So Isaac called Jacob and blessed him and charged him, and said to him, "You shall not take a wife from the daughters of Canaan. Arise, go to Paddan-aram, to the house of Bethuel your mother's father; and from there take to yourself a wife from the daughters of Laban your mother's brother. May God Almighty bless you and make you fruitful and multiply you, that you may become a company of peoples. May He also give you the blessing of Abraham, to you and to your descendants with you, that you may possess the land of your sojournings, which God gave to Abraham." Then Isaac sent Jacob away, and he went to Paddan-aram to Laban, son of Bethuel the Aramean, the brother of Rebekah, the mother of Jacob and Esau.
It appears that Rebekah’s continued manipulation of things through her words to Isaac about Jacob not marrying locally did in fact have their impact. Isaac calls Jacob over and once again blesses him. I find this most interesting. Even though Isaac knew that Jacob had tricked him into giving him the eldest son’s blessing, he is willing to bless him again. Perhaps this is just one good example of Jacob’s strengths. In this case, he acts like a loving father. No matter what his child has done, a loving father continues to want the best for his child. I want to be a parent like that. I want to model that behavior for my own children to follow in their role as parents of my grandchildren.
The blessing was part and parcel of a charge to a particular course of action. Isaac instructs Jacob to take a wife from his own people, not from the daughters of Canaan. He tells him to go to Paddan-aram to the house of Bethuel, his mother Rebekah’s father. And from within that house, Jacob was to find a wife from the family of his uncle Laban, his mother’s brother. The actual blessing was a complement to his original blessing. Isaac was asking God to bless Jacob and make him fruitful and his family many in numbers.

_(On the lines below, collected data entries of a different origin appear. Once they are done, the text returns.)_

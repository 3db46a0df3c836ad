-- ===== src/Nvme/Engram.antt =====
-- The cache of embedding rows of experiments/dsv41_nvme/engram_rows.py: the requests in Defs, the
-- cache in Store, what is read of the tables in Fetch, what a request returns in Payloads, the
-- calls of the object in Gather.
pub mod Store
pub mod Defs
pub mod Calls
mod Cached
mod Fetch
mod Written
pub mod Payloads
pub mod Gather
pub mod Pending
pub mod History
mod Tests
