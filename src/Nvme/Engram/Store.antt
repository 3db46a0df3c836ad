-- ===== src/Nvme/Engram/Store.antt =====
-- The ordered dict of cached rows of `EngramRows`, experiments/dsv41_nvme/engram_rows.py, as a list
-- in its order, with the scan of a request's keys and the loop that stores what was read.
use vllm_exl.Prelude.{
  ℕ, ◌+◌, ◌==◌, Option, none, some, List, [], ◌∷◌, ◌++◌, leb, if◌then◌else◌, length, drop,
}
use vllm_exl.Nvme.Reads.Defs.{Bytes}

abbrev pub Table : Type 0
Table = List (ℕ × Bytes)

-- `cache[key]`, or `payloads[key]`
unfoldable pub lookup : ℕ → Table → Option Bytes
lookup k [] = none
lookup k ((j, d) ∷ c) = if k == j then some d else lookup k c

unfoldable pub remove : ℕ → Table → Table
remove k [] = []
remove k ((j, d) ∷ c) = if k == j then c else (j, d) ∷ remove k c

-- `cache[key] = data`
unfoldable pub put : ℕ → Bytes → Table → Table
put k d [] = (k, d) ∷ []
put k d ((j, e) ∷ c) = if k == j then (j, d) ∷ c else (j, e) ∷ put k d c

-- `cache.move_to_end(key)` of a row that is there
abbrev pub move_to_end : ℕ → Bytes → Table → Table
move_to_end k d c = remove k c ++ (k, d) ∷ []

-- the rows that are cached, the keys that are missing, and the cache after the moves
pub record Scan : Type 0 where
  pub payloads : Table
  pub missing : List ℕ
  pub cache : Table

abbrev with_payload : ℕ → Bytes → Scan → Scan
with_payload k d s = record s { payloads = (k, d) ∷ s.payloads }

abbrev with_missing : ℕ → Scan → Scan
with_missing k s = record s { missing = k ∷ s.missing }

-- the loop over the keys of a request
unfoldable pub scan : List ℕ → Table → Scan
unfolding lookup remove
scan [] c = record { payloads = []; missing = []; cache = c }
scan (k ∷ ks) c = elim (lookup k c) [
  | none ↦ with_missing k (scan ks c)
  | some d ↦ with_payload k d (scan ks (move_to_end k d c))
]

-- the cache and its count of evictions
abbrev pub Counted : Type 0
Counted = Table × ℕ

-- a row that was read goes to the end, and the oldest goes where the cache is full
unfoldable pub keep : ℕ → ℕ → Bytes → Counted → Counted
unfolding put
keep capacity k d (c, evictions) =
    if leb capacity (length c) then (put k d (drop 1 c), evictions + 1) else (put k d c, evictions)

-- the loop over the rows that were read
unfoldable pub keep_all : ℕ → Table → Counted → Counted
unfolding keep
keep_all capacity [] c = c
keep_all capacity ((k, d) ∷ rows) c = keep_all capacity rows (keep capacity k d c)
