-- ===== src/Nvme/Engram/Cached.antt =====
-- The cached rows against a table, under the scan and the stores of Store.
use vllm_exl.Prelude.{
  ℕ, suc, ◌≤◌, ◌<◌, ◌≡◌, refl, ap, ◌∙◌, sym, ◌==◌, Bool, true, false, ◌||◌, some, List, [], ◌∷◌,
  leb, length, length-append, length-drop, drop, All, All-append, arith, Bool-cases, Option-cases,
  inl, inr,
}
use vllm_exl.Nvme.Reads.Defs.{Bytes}
use vllm_exl.Nvme.Engram.Store.{
  Table, lookup, remove, put, move_to_end, Scan, scan, Counted, keep, keep_all,
}
use vllm_exl.Prelude.Keys.{member}

abbrev pub keys_of : Table → List ℕ
keys_of [] = []
keys_of ((j, d) ∷ c) = j ∷ keys_of c

or-missing :
    (x a b r : Bool) → (x || r) ≡ true → (r ≡ true → (a || b) ≡ true) → (a || (x || b)) ≡ true
or-missing x true b r h k = refl
or-missing true false b r h k = refl
or-missing false false b r h k = k h

or-payload :
    (x a b r : Bool) → (x || r) ≡ true → (r ≡ true → (a || b) ≡ true) → ((x || a) || b) ≡ true
or-payload true a b r h k = refl
or-payload false a b r h k = k h

module _ (row : ℕ → Bytes) where
  -- every row stands under its key
  abbrev pub Sound : Table → Type 0
  Sound c = All (λ p. p.1 ≡ row p.0) c

  pub lookup-Sound :
      (k : ℕ) (c : Table) → Sound c → member k (keys_of c) ≡ true → lookup k c ≡ some (row k)
  unfolding lookup member
  lookup-Sound k [] h m = absurd (ground arith)
  lookup-Sound k ((j, d) ∷ c) h m = elim (Bool-cases (k == j)) [
    | inl t ↦ let same : k ≡ j = ground arith in rw t (ap some (h.0 ∙ ap row (sym same)))
    | inr f ↦
        let there : member k (keys_of c) ≡ true = ground arith in rw f (lookup-Sound k c h.1 there)
  ]

  lookup-some : (k : ℕ) (c : Table) (d : Bytes) → Sound c → lookup k c ≡ some d → d ≡ row k
  unfolding lookup
  lookup-some k [] d h m = absurd (ground arith)
  lookup-some k ((j, e) ∷ c) d h m = elim (Bool-cases (k == j)) [
    | inl t ↦
        let same : k ≡ j = ground arith in
        let got : e ≡ d = ground arith in sym got ∙ h.0 ∙ ap row (sym same)
    | inr f ↦ let there : lookup k c ≡ some d = ground arith in lookup-some k c d h.1 there
  ]

  remove-Sound : (k : ℕ) (c : Table) → Sound c → Sound (remove k c)
  unfolding remove
  remove-Sound k [] h = tt
  remove-Sound k ((j, d) ∷ c) h = elim (Bool-cases (k == j)) [
    | inl t ↦ rw t h.1
    | inr f ↦ rw f (h.0, remove-Sound k c h.1)
  ]

  put-Sound : (k : ℕ) (c : Table) → Sound c → Sound (put k (row k) c)
  unfolding put
  put-Sound k [] h = (refl, tt)
  put-Sound k ((j, d) ∷ c) h = elim (Bool-cases (k == j)) [
    | inl t ↦ let same : k ≡ j = ground arith in rw t (ap row same, h.1)
    | inr f ↦ rw f (h.0, put-Sound k c h.1)
  ]

  drop-Sound : (c : Table) → Sound c → Sound (drop 1 c)
  drop-Sound [] h = h
  drop-Sound (p ∷ c) h = h.1

  -- rows that a disk holds
  abbrev pub rows_of : List ℕ → Table
  rows_of [] = []
  rows_of (k ∷ ks) = (k, row k) ∷ rows_of ks

  keep-Sound : (capacity k : ℕ) (c : Counted) → Sound c.0 → Sound (keep capacity k (row k) c).0
  unfolding keep
  keep-Sound capacity k (c, n) h = elim (Bool-cases (leb capacity (length c))) [
    | inl t ↦ rw t (put-Sound k (drop 1 c) (drop-Sound c h))
    | inr f ↦ rw f (put-Sound k c h)
  ]

  pub keep_all-Sound :
      (capacity : ℕ) (ks : List ℕ) (c : Counted)
      → Sound c.0
      → Sound (keep_all capacity (rows_of ks) c).0
  unfolding keep_all
  keep_all-Sound capacity [] c h = h
  keep_all-Sound capacity (k ∷ ks) c h =
      keep_all-Sound capacity ks (keep capacity k (row k) c) (keep-Sound capacity k c h)

  -- the scan of the keys
  pub record Scanned (ks : List ℕ) (c : Table) (s : Scan) : Type 0 where
    pub payloads : Sound s.payloads
    pub cache : Sound s.cache
    pub size : length s.cache ≡ length c
    pub covered :
        (k : ℕ) → member k ks ≡ true → (member k (keys_of s.payloads) || member k s.missing) ≡ true

  length-remove :
      (k : ℕ) (c : Table) (d : Bytes) → lookup k c ≡ some d → suc (length (remove k c)) ≡ length c
  unfolding lookup remove
  length-remove k [] d m = absurd (ground arith)
  length-remove k ((j, e) ∷ c) d m = elim (Bool-cases (k == j)) [
    | inl t ↦ rw t refl
    | inr f ↦
        let there : lookup k c ≡ some d = ground arith in rw f (ap suc (length-remove k c d there))
  ]

  pub scan-Scanned : (ks : List ℕ) (c : Table) → Sound c → Scanned ks c (scan ks c)
  unfolding scan member
  scan-Scanned [] c h = record {
    payloads = tt;
    cache = h;
    size = refl;
    covered = λ k m. absurd (ground arith);
  }
  scan-Scanned (k ∷ ks) c h = elim (Option-cases (lookup k c)) [
    | inl n ↦
        let rest = scan-Scanned ks c h in
        rw (scan, n)
          (record {
            payloads = rest.payloads;
            cache = rest.cache;
            size = rest.size;
            covered = λ j m. or-missing (j == k) _ _ _ m (rest.covered j);
          })
    | inr (d, n) ↦
        let good : d ≡ row k = lookup-some k c d h n in
        let moved = All-append _ (remove k c) ((k, d) ∷ []) (remove-Sound k c h) (good, tt) in
        let rest = scan-Scanned ks (move_to_end k d c) moved in
        rw (scan, n)
          (record {
            payloads = (good, rest.payloads);
            cache = rest.cache;
            size =
                omega (
                  arith,
                  rest.size,
                  length-append (remove k c) ((k, d) ∷ []),
                  length-remove k c d n,
                );
            covered = λ j m. or-payload (j == k) _ _ _ m (rest.covered j);
          })
  ]

length-put : (k : ℕ) (d : Bytes) (c : Table) → length (put k d c) ≤ suc (length c)
unfolding put
length-put k d [] = omega arith
length-put k d ((j, e) ∷ c) = elim (Bool-cases (k == j)) [
  | inl t ↦ rw t (omega arith)
  | inr f ↦ rw f (omega (arith, length-put k d c))
]

-- within the capacity
abbrev pub Within : ℕ → Counted → Type 0
Within capacity c = length c.0 ≤ capacity

keep-Within :
    (capacity k : ℕ) (d : Bytes) (c : Counted)
    → 0 < capacity
    → Within capacity c
    → Within capacity (keep capacity k d c)
unfolding keep
keep-Within capacity k d (c, n) p h = elim (Bool-cases (leb capacity (length c))) [
  | inl t ↦
      let put_length = length-put k d (drop 1 c) in
      let drop_length = length-drop 1 c in rw t (omega (arith, put_length, drop_length))
  | inr f ↦
      let below : length c < capacity = ground arith in
      let put_length = length-put k d c in rw f (omega (arith, put_length))
]

pub keep_all-Within :
    (capacity : ℕ) (rows : Table) (c : Counted)
    → 0 < capacity
    → Within capacity c
    → Within capacity (keep_all capacity rows c)
unfolding keep_all
keep_all-Within capacity [] c p h = h
keep_all-Within capacity ((k, d) ∷ rows) c p h =
    keep_all-Within capacity rows (keep capacity k d c) p (keep-Within capacity k d c p h)
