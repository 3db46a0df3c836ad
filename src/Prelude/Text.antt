-- ===== src/Prelude/Text.antt =====
-- Python's `str` methods and `int` on ASCII texts, as lists of code points. A text outside ASCII is not modelled.
use vllm_exl.Prelude.Numbers.{ℤ, pos, negsuc}
use Prim.Native.Nat.{ℕ, zero, suc, ◌+◌, ◌-◌, ◌*◌}
use Prim.Native.Char.{code}
use Prim.Native.String.{String}
use mathlib.Core.Bool.{Bool, true, false, ◌&&◌, ◌||◌}
use mathlib.Core.List.{List, [], ◌∷◌, map, reverse}
use mathlib.Core.Option.{Option, none, some}
use vllm_exl.Prelude.Tests.{leb, ◌==◌, if◌then◌else◌}

abbrev pub Text : Type 0
Text = List ℕ

-- the text of a literal
abbrev pub text : String → Text
text String.[] = []
text (String.◌∷◌ c s) = code c ∷ text s

abbrev pub text_eq : Text → Text → Bool
text_eq [] [] = true
text_eq [] (d ∷ t) = false
text_eq (c ∷ s) [] = false
text_eq (c ∷ s) (d ∷ t) = c == d && text_eq s t

-- `s in {…}`
abbrev pub among : Text → List Text → Bool
among s [] = false
among s (t ∷ ts) = text_eq s t || among s ts

unfoldable pub is_space : ℕ → Bool
is_space c = leb 9 c && leb c 13 || leb 28 c && leb c 32

unfoldable pub lstrip : Text → Text
unfolding is_space
lstrip [] = []
lstrip (c ∷ s) = if is_space c then lstrip s else c ∷ s

unfoldable pub strip : Text → Text
unfolding lstrip
strip s = reverse (lstrip (reverse (lstrip s)))

unfoldable pub lower : Text → Text
lower = map (λ c. if leb 65 c && leb c 90 then c + 32 else c)

-- the digits of `int(s, 10)`, which may have single underscores between them
unfoldable pub digits : Bool → ℕ → Bool → Text → Option ℕ
digits good n after_digit [] = if good && after_digit then some n else none
digits good n after_digit (c ∷ s) =
    let digit = leb 48 c && leb c 57 in
    digits (good && (digit || c == 95 && after_digit)) (if digit then n * 10 + (c - 48) else n)
      digit s

abbrev pub negated : ℕ → ℤ
negated zero = pos 0
negated (suc n) = negsuc n

unfoldable pub signed : Text → Option ℤ
unfolding digits
signed [] = none
signed (c ∷ s) =
    if c == 45
    then elim (digits true 0 false s) [ none ↦ none | some n ↦ some (negated n) ]
    else elim (digits true 0 false (if c == 43 then s else c ∷ s)) [
      | none ↦ none
      | some n ↦ some (pos n)
    ]

-- `int(s, 10)`; `none` is its ValueError
unfoldable pub int : Text → Option ℤ
unfolding strip signed
int s = signed (strip s)

-- `s.split(sep)`
unfoldable pub split_on : ℕ → Text → Text → List Text
split_on sep field [] = reverse field ∷ []
split_on sep field (c ∷ s) =
    let rest = split_on sep [] s in
    let more = split_on sep (c ∷ field) s in if c == sep then reverse field ∷ rest else more

unfoldable pub split : ℕ → Text → List Text
unfolding split_on
split sep = split_on sep []

abbrev pub affirmative : List Text
affirmative = text "1" ∷ text "true" ∷ text "yes" ∷ text "on" ∷ []
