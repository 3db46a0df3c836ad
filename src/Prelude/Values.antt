-- ===== src/Prelude/Values.antt =====
-- The Python objects that the code tells apart by `isinstance` before it uses them as numbers.
use mathlib.Core.Bool.{Bool, true, false, ◌&&◌}
use mathlib.Core.List.{List, [], ◌∷◌}
use mathlib.Core.Option.{Option, none, some}
use vllm_exl.Prelude.Numbers.{ℤ, pos, negsuc}
use vllm_exl.Prelude.Errors.{Result, ok, raise, type_error, value_error}
use vllm_exl.Prelude.Text.{Text, int}
use Prim.Native.Nat.{ℕ, zero, suc}

pub data Value : Type 0 where
  none_value other_value : Value
  bool_value : Bool → Value
  int_value : ℤ → Value
  str_value : Text → Value

-- `int(value)`; `none` is an exception. `other_value` is an object without a conversion.
unfoldable pub int_of : Value → Option ℤ
int_of none_value = none
int_of other_value = none
int_of (bool_value true) = some (pos 1)
int_of (bool_value false) = some (pos 0)
int_of (int_value z) = some z
int_of (str_value s) = int s

-- `if isinstance(value, bool) or not isinstance(value, int): raise TypeError`
abbrev pub exact_int : Value → Result ℤ
exact_int (int_value z) = ok z
exact_int (bool_value b) = raise type_error
exact_int none_value = raise type_error
exact_int other_value = raise type_error
exact_int (str_value s) = raise type_error

-- a test `z <= 0`, or `z < 0`, that raises ValueError
abbrev pub positive : ℤ → Result ℕ
positive (pos zero) = raise value_error
positive (pos (suc n)) = ok (suc n)
positive (negsuc n) = raise value_error

abbrev pub non_negative : ℤ → Result ℕ
non_negative (pos n) = ok n
non_negative (negsuc n) = raise value_error

-- `not isinstance(value, bool) and isinstance(value, int)`
abbrev pub is_int : Value → Bool
is_int (int_value z) = true
is_int (bool_value b) = false
is_int none_value = false
is_int other_value = false
is_int (str_value s) = false

-- the number that passed that test
abbrev pub number : Value → ℤ
number (int_value z) = z
number (bool_value b) = pos 0
number none_value = pos 0
number other_value = pos 0
number (str_value s) = pos 0

abbrev pub all_ints : List Value → Bool
all_ints [] = true
all_ints (v ∷ vs) = is_int v && all_ints vs

-- `z <= 0`
abbrev pub not_positive : ℤ → Bool
not_positive (pos zero) = true
not_positive (pos (suc n)) = false
not_positive (negsuc n) = true

-- `z < 0`
abbrev pub is_negative : ℤ → Bool
is_negative (pos n) = false
is_negative (negsuc n) = true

He asked that God would allow Jacob to be the one through whom Abraham’s blessing and covenant from God would continue and that Jacob’s people would inherit the Promised Land that God had given to his grandfather.
And then just like Abraham had sent Ishmael and his mother Hagar away many years before, the text says, Isaac sent Jacob away. Notice there was no reply or comments recorded from the mouth of Jacob. The only thing to do was to obey while at the same time realizing that he was being able to leave his father peacefully for a reason other than the true one, that of fleeing from his brother Esau, who still had it in his mind to kill him.
So Isaac goes to Paddan-aram and to his uncle Laban. You will remember how Laban had figured into the earlier chapters of this story. When Abraham, Isaac’s father, had sent his servant to the land from which he had come to find a wife for his son, the servant was settling on Rebekah who treated him kindly at the well. Rebekah took the servant home and Laban her brother came running out to meet him. Seeing the gifts of gold and other things the servant carried for the occasion, he bid him to stay in their home. To his credit, he was indeed a gracious host although some may question the reason for such hospitality. Best to give him, to this point in the story anyway, the benefit of the doubt. Laban then went on to play a key role in the terms of the agreement to send Rebekah back to Abraham and Isaac. And Laban was active in the negotiations to send Rebekah back. Now Laban returns to our saga and takes on perhaps an even more critical part in the storyline.